Hello,
I encounter a problem using goSlim function in the package GSEAbase.
I have a set of annotations (pasted below). When I use the goSlim function in order to have the counts of appearance of each Go Slim plant ontology, it seems to me that the counts are off.
I noticed it because I am interested in one perticular ontology which is "GO:0005618" (cell wall), appearing two times in my annotation file but which is counted only one. Is there something I am missing here?
My annotation file and code are below:
Here is my annotation file, named annot7:
--------------------------------------------------------------------------------------------
Contig2390 GO:0000902 expansin-A1 isoform X1 Contig2390 GO:0005618 Contig2390 GO:0071554 Contig2390 GO:0005576 Contig2390 GO:0040007 Contig7915 GO:0007010 villin-3-like isoform X1 Contig7915 GO:0022607 Contig7915 GO:0008092 Contig10367 GO:0005975 endoglucanase 2 Contig10367 GO:0009056 Contig10367 GO:0005575 Contig10367 GO:0016798 Contig10367 EC:3.2.1.4 Contig21476 GO:0016746 O-acyltransferase WSD1-like Contig21476 GO:0006629 Contig21476 GO:0009058 Contig21476 GO:0005886 Contig21476 EC:2.3.1.20 Contig21476 EC:2.3.1.75 Contig71769 GO:0005975 plant invertase pectin methylesterase inhibitor superfamily Contig71769 GO:0009056 Contig71769 GO:0005618 Contig71769 GO:0071554 Contig71769 GO:0030234 Contig71769 EC:3.1.1.11 Contig71976 GO:0005575 glucomannan 4-beta-mannosyltransferase 9-like Contig71976 GO:0003674 Contig74515 GO:0005975 probable rhamnogalacturonate lyase B Contig74515 GO:0003674
-----------------------------------------------------------------------------------------------------------------
Here is my code:
--------------------------------------------------------------------------------------------------------------------
colnames(annot7)=c("contig","GO","gene")
library("GSEABase")
#database
fl <- system.file("extdata", "goslim_plant.obo", package="GSEABase")
slim <- getOBOCollection(fl)
setDEGOs7=as.character(annot7$GO)
currentCollecSet7=GOCollection(setDEGOs7)
# Here, length(which(currentCollecSet7=="GO:0005618")) is 2
freqGO_7_MF=goSlim(currentCollecSet7, slim, "MF")#or BP or CC
freqGO_7_BP=goSlim(currentCollecSet7, slim, "BP")

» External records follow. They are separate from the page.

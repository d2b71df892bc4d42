-- ===== src/HealthCache/Saving.antt =====
-- `HealthCache.save` of 9router_WatchEdit/core/history.py and the methods that change the records,
-- as steps of threads that share the memory lock, the save lock and the file. The file is its
-- records; the payload and the temporary file are not modelled.
use router_extra.Prelude.{
  ℕ, ◌≤◌, String, ◌≡◌, ◌⊎◌, Bool, true, false, Option, none, some, List, [], ◌∷◌, if◌then◌else◌,
  ltb, Pick, sum_of,
}
use router_extra.Health.{Evidence}
use router_extra.HealthCache.{
  HealthRecord, HealthCache, record_evidence, set_cost_override, Override,
}
use router_extra.HealthCache.Policy.{prune_stale_records}

abbrev pub Records : Type 0
Records = List (String × HealthRecord)

-- A call of `save`. `nested` tells that the caller holds the memory lock, as `set_cost_override` and
-- a `record_evidence` with `auto_save` do. `captured`: it waits for the save lock. `writing`: it
-- holds the save lock. `replaced`: the file is replaced, and it waits for the memory lock.
pub data Saver : Type 0 where
  captured writing : (nested : Bool) (snapshot : Records) (generation : ℕ) → Saver
  replaced : (nested : Bool) (generation : ℕ) → Saver

pub record Store : Type 0 where
  pub cache : HealthCache
  pub file : Option Records
  pub savers : List Saver

-- Who holds the memory lock and the save lock.
abbrev pub in_memory : Saver → ℕ
in_memory (captured nested snapshot g) = if nested then 1 else 0
in_memory (writing nested snapshot g) = if nested then 1 else 0
in_memory (replaced nested g) = if nested then 1 else 0

abbrev pub in_save : Saver → ℕ
in_save (captured nested snapshot g) = 0
in_save (writing nested snapshot g) = 1
in_save (replaced nested g) = 1

-- The first block of `save`, under the memory lock.
unfoldable pub capture : Bool → Store → Store
capture nested s = record s {
  savers = captured nested s.cache.records s.cache.record_generation ∷ s.savers;
}

-- `os.replace`
unfoldable pub replace : Bool → Records → ℕ → List Saver → Store → Store
replace nested snapshot g rest s = record s {
  file = some snapshot;
  savers = replaced nested g ∷ rest;
}

-- The last block of `save`, under both locks; then the locks are released.
unfoldable pub mark_durable : ℕ → HealthCache → HealthCache
mark_durable g c = if ltb c.durable_generation g then record c { durable_generation = g } else c

unfoldable pub mark : ℕ → List Saver → Store → Store
unfolding mark_durable
mark g rest s = record s { cache = mark_durable g s.cache; savers = rest }

-- `fails` is a save that raises.
-- `records_one` is `record_evidence` without `auto_save`, which the scans use.
pub data Step : Store → Store → Type 0 where
  saves : (s : Store) → sum_of in_memory s.savers ≡ 0 → Step s (capture false s)
  records_one :
      (id : String) (e : Evidence) (latency now_at : ℕ) (s : Store)
      → sum_of in_memory s.savers ≡ 0
      → Step s (record s { cache = record_evidence id e latency now_at s.cache })
  records_and_saves :
      (id : String) (e : Evidence) (latency now_at : ℕ) (s : Store)
      → sum_of in_memory s.savers ≡ 0
      → Step s (capture true (record s { cache = record_evidence id e latency now_at s.cache }))
  overrides :
      (id : String) (o : Override) (s : Store)
      → sum_of in_memory s.savers ≡ 0
      → (set_cost_override id o s.cache).1 ≡ true
      → Step s (capture true (record s { cache = (set_cost_override id o s.cache).0 }))
  prunes :
      (current referenced : List String) (window most now_at : ℕ) (s : Store)
      → sum_of in_memory s.savers ≡ 0
      → Step s (record s {
        cache = (prune_stale_records current referenced window most now_at s.cache).0;
      })
  locks :
      (nested : Bool) (snapshot : Records) (g : ℕ) (rest : List Saver) (s : Store)
      → Pick (captured nested snapshot g) s.savers rest
      → sum_of in_save s.savers ≡ 0
      → Step s (record s { savers = writing nested snapshot g ∷ rest })
  fails :
      (nested : Bool) (snapshot : Records) (g : ℕ) (rest : List Saver) (s : Store)
      → Pick (writing nested snapshot g) s.savers rest
      → Step s (record s { savers = rest })
  replaces :
      (nested : Bool) (snapshot : Records) (g : ℕ) (rest : List Saver) (s : Store)
      → Pick (writing nested snapshot g) s.savers rest
      → Step s (replace nested snapshot g rest s)
  marks :
      (nested : Bool) (g : ℕ) (rest : List Saver) (s : Store)
      → Pick (replaced nested g) s.savers rest
      → (nested ≡ true) ⊎ (sum_of in_memory s.savers ≡ 0)
      → Step s (mark g rest s)

pub data Reach (s : Store) : Store → Type 0 where
  stay : Reach s s
  next : {t u : Store} → Reach s t → Step t u → Reach s u

-- A cache just loaded, with nothing written in this session.
unfoldable pub loaded : Records → Store
loaded m = record {
  cache = record { records = m; record_generation = 0; durable_generation = 0 };
  file = none;
  savers = [];
}

-- What every interleaving keeps.
abbrev pub Behind : ℕ → Saver → Type 0
Behind n (captured nested snapshot g) = g ≤ n
Behind n (writing nested snapshot g) = g ≤ n
Behind n (replaced nested g) = g ≤ n

abbrev pub AllBehind : ℕ → List Saver → Type 0
AllBehind n [] = Unit {0}
AllBehind n (x ∷ xs) = Behind n x × AllBehind n xs

pub record IsLocked (s : Store) : Type 0 where
  pub one_in_memory : sum_of in_memory s.savers ≤ 1
  pub one_in_save : sum_of in_save s.savers ≤ 1
  pub behind : AllBehind s.cache.record_generation s.savers
  pub durable_le : s.cache.durable_generation ≤ s.cache.record_generation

freqGO_7_CC=goSlim(currentCollecSet7, slim, "CC")
#and this is what I get:
> freqGO_7_CC
Count Percent Term
GO:0005575 4 36.363636 cellular_component
GO:0005576 1 9.090909 extracellular region
GO:0005578 0 0.000000 proteinaceous extracellular matrix
GO:0005615 0 0.000000 extracellular space
GO:0005618 1 9.090909 cell wall
GO:0005622 0 0.000000 intracellular
GO:0005623 2 18.181818 cell
GO:0005634 0 0.000000 nucleus
GO:0005635 0 0.000000 nuclear envelope
GO:0005654 0 0.000000 nucleoplasm
GO:0005730 0 0.000000 nucleolus
GO:0005737 0 0.000000 cytoplasm
GO:0005739 0 0.000000 mitochondrion
GO:0005764 0 0.000000 lysosome
GO:0005768 0 0.000000 endosome
GO:0005773 0 0.000000 vacuole
GO:0005777 0 0.000000 peroxisome
GO:0005783 0 0.000000 endoplasmic reticulum
GO:0005794 0 0.000000 Golgi apparatus
GO:0005829 0 0.000000 cytosol
GO:0005840 0 0.000000 ribosome
GO:0005856 0 0.000000 cytoskeleton
GO:0005886 1 9.090909 plasma membrane
GO:0009536 0 0.000000 plastid
GO:0009579 0 0.000000 thylakoid
GO:0016020 1 9.090909 membrane
GO:0030312 1 9.090909 external encapsulating structure
----------------------------------------------------------------------------------------------------------------------------
Thanks for reading me!

Thanks a lot! It works now and the results seems more logical.